With such volume of investment, it is inevitable that failures will occur. However, there is currently no established set of international rules to govern the interaction of US and UK insolvency and restructuring methods.
UNCITRAL
In 1997, the United Nations Commission on International Trade (‘UNCITRAL’) began to take steps towards global convergence with regard to insolvency legislation through the creation of a Model Law (the ‘Model Law’). The model is intended for use during cross-border insolvency proceedings where there is court intervention and/or supervision - ideal for UK/US scenarios. It attempts to move away from a territorial approach to insolvency procedures to a more universal approach by preventing local realization of assets.
The Model Law provides a template for uniformity of approach without intruding on the sovereignty of individual states with an inappropriate ‘one size fits all’ remedy. It is, however, only a model, and its flexibility is also its weakness. To date, neither the US nor the UK have incorporated it into insolvency or restructuring legislation, although there are changes on the horizon. The US is proposing to introduce legislation in accordance with the Model Law as Chapter 15 to the Bankruptcy Code (‘the Code’). Although the UK has not adopted it, there is provision in IA 2000 to give effect to the Model Law with or without modification.
The Model Law, while not providing an immediate remedy to the mismatches that exist between domestic procedures in international insolvencies and restructuring cases, has created a meeting ground for insolvency practitioners around the world to assist in the move towards a congruent global insolvency system.

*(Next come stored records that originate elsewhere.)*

-- ===== src/Swap.antt =====
-- kernel/memory/swap.c and kernel/memory/rmap.c: the slots of the swap area, and the reverse map from
-- a physical page to the process and the address that it is mapped at. The choice of a page to evict
-- and the transfers are not modelled.
pub mod Slots
pub mod Reverse
use hobbyos.Base.{
  ℕ, zero, suc, ◌+◌, ◌-◌, ◌/◌, Bool, true, false, ◌&&◌, not, Option, none, some, List, [], ◌∷◌, ltb,
  ◌==◌, if◌then◌else◌, get_or, set, replicate, find_index,
}
use hobbyos.Process.{page_size}

abbrev pub swap_max_pages : ℕ
swap_max_pages = 4096

abbrev pub rmap_max_pages : ℕ
rmap_max_pages = 131072

pub record Swap : Type 0 where
  pub swap_slots : List Bool
  pub swap_used : ℕ
  pub swap_ready : Bool

unfoldable pub swap_init : Swap
swap_init = record { swap_slots = replicate swap_max_pages false; swap_used = 0; swap_ready = true }

unfoldable pub take_slot : Option ℕ → Swap → Option ℕ × Swap
take_slot none s = (none, s)
take_slot (some i) s =
    (some i, record s { swap_slots = set s.swap_slots i true; swap_used = s.swap_used + 1 })

-- A slot, or `none` for -1.
unfoldable pub swap_alloc_slot : Swap → Option ℕ × Swap
unfolding take_slot
swap_alloc_slot s = take_slot (find_index not s.swap_slots) s

-- The argument is not negative where the code calls it.
unfoldable pub swap_free_slot : ℕ → Swap → Swap
swap_free_slot slot s =
    if ltb slot swap_max_pages && get_or s.swap_slots slot false
    then record s { swap_slots = set s.swap_slots slot false; swap_used = s.swap_used - 1 }
    else s

unfoldable pub swap_get_used : Swap → ℕ
swap_get_used s = s.swap_used

unfoldable pub swap_get_total : ℕ
swap_get_total = swap_max_pages

pub record RmapEntry : Type 0 where
  pub pid : ℕ
  pub virt_addr : ℕ

abbrev pub no_entry : RmapEntry
no_entry = record { pid = 0; virt_addr = 0 }

unfoldable pub rmap_init : List RmapEntry
rmap_init = replicate rmap_max_pages no_entry

unfoldable pub rmap_set : ℕ → ℕ → ℕ → List RmapEntry → List RmapEntry
rmap_set phys pid virt table =
    let idx = phys / page_size in
    if ltb idx rmap_max_pages then set table idx (record { pid = pid; virt_addr = virt }) else table

unfoldable pub rmap_clear : ℕ → List RmapEntry → List RmapEntry
rmap_clear phys table =
    let idx = phys / page_size in if ltb idx rmap_max_pages then set table idx no_entry else table

unfoldable pub rmap_get : ℕ → List RmapEntry → Option RmapEntry
rmap_get phys table =
    let idx = phys / page_size in
    if ltb idx rmap_max_pages && not ((get_or table idx no_entry).pid == 0)
    then some (get_or table idx no_entry)
    else none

This is a slow evolution, perhaps evidencing resentment towards lengthening the reach of foreign jurisdiction. However, as international investment has grown and international companies have failed, the need for synthesis in legislation between different jurisdictions is becoming clearer. Implementation of global legislation and global jurisdiction would promote equity and expediency, creating incentives for investors and lenders. However, this is inevitably at the cost of replacing a domestic regime that in all likelihood protects and favours domestic companies and creditors.
The cultural divergence between the attitude towards failing businesses in the UK and that held in the US is reflected in the presentation of restructuring procedures. As these differences have arisen, legislation has developed to support two different judicial systems which have become familiar to their domestic business population. During international reorganizations, professionals are left to depend upon the national laws of one or other or both of the jurisdictions that are both unfamiliar to non-domestic creditors and may actually conflict with the domestic legislation.
Chapter 11 and Administration
Until such time as there is internationally recognized legislation, investors are instead left hoping to recoup as much as they can using the procedures available, namely Chapter 11 of the Code in the US and Administration in the UK.